**Stored entries**
***

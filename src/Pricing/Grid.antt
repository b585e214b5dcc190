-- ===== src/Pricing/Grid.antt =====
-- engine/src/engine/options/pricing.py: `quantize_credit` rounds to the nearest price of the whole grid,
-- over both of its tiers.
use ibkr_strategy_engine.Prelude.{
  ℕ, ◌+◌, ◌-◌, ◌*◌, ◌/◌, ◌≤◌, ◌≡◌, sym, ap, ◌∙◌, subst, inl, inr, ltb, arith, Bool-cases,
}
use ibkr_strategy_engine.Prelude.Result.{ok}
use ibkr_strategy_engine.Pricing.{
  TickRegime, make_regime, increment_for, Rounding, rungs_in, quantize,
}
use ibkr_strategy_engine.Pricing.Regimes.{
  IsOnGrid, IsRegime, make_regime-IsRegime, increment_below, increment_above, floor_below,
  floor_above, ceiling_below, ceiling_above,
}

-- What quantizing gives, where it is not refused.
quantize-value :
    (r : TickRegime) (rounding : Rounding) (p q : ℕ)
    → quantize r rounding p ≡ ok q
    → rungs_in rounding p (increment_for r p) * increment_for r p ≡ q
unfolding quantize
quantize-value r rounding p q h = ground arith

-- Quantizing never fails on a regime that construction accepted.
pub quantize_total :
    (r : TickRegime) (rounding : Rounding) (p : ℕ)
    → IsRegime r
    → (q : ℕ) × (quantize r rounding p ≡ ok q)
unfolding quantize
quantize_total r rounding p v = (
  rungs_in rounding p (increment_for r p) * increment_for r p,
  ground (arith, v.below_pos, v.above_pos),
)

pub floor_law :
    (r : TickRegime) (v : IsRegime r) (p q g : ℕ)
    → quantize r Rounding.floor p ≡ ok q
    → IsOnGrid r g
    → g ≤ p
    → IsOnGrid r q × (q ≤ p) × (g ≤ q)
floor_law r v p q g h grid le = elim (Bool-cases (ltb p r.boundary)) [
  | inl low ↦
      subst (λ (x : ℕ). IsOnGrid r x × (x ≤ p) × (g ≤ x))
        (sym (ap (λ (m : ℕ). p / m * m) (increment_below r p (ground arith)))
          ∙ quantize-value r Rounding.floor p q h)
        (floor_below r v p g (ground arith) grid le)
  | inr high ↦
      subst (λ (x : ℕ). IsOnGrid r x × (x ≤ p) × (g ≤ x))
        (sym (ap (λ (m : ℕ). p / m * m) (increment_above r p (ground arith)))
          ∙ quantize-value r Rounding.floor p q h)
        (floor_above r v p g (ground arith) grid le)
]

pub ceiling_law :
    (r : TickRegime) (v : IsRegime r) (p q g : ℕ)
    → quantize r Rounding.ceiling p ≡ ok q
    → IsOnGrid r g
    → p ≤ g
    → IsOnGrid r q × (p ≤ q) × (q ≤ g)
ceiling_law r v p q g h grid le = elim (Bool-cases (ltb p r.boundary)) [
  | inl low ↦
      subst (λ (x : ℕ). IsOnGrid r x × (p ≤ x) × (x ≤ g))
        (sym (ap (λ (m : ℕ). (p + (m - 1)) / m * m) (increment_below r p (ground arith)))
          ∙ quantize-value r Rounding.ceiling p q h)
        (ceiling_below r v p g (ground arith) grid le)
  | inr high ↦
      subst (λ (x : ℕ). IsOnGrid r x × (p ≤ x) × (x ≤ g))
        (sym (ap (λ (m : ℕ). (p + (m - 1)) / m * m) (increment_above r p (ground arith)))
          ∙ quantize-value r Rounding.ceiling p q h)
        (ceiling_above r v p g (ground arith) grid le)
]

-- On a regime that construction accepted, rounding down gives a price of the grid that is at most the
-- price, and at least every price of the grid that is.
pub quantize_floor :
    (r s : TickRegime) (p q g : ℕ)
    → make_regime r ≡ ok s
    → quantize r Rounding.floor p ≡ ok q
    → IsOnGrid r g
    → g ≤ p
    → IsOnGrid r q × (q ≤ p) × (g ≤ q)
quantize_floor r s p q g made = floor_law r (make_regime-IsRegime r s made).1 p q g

***

**What needs to be done**
Whenever a line of the data includes the word "antt", show that line in full.

**Response below**
filename src/Pricing/Grid.antt
-- ===== src/Pricing/Grid.antt =====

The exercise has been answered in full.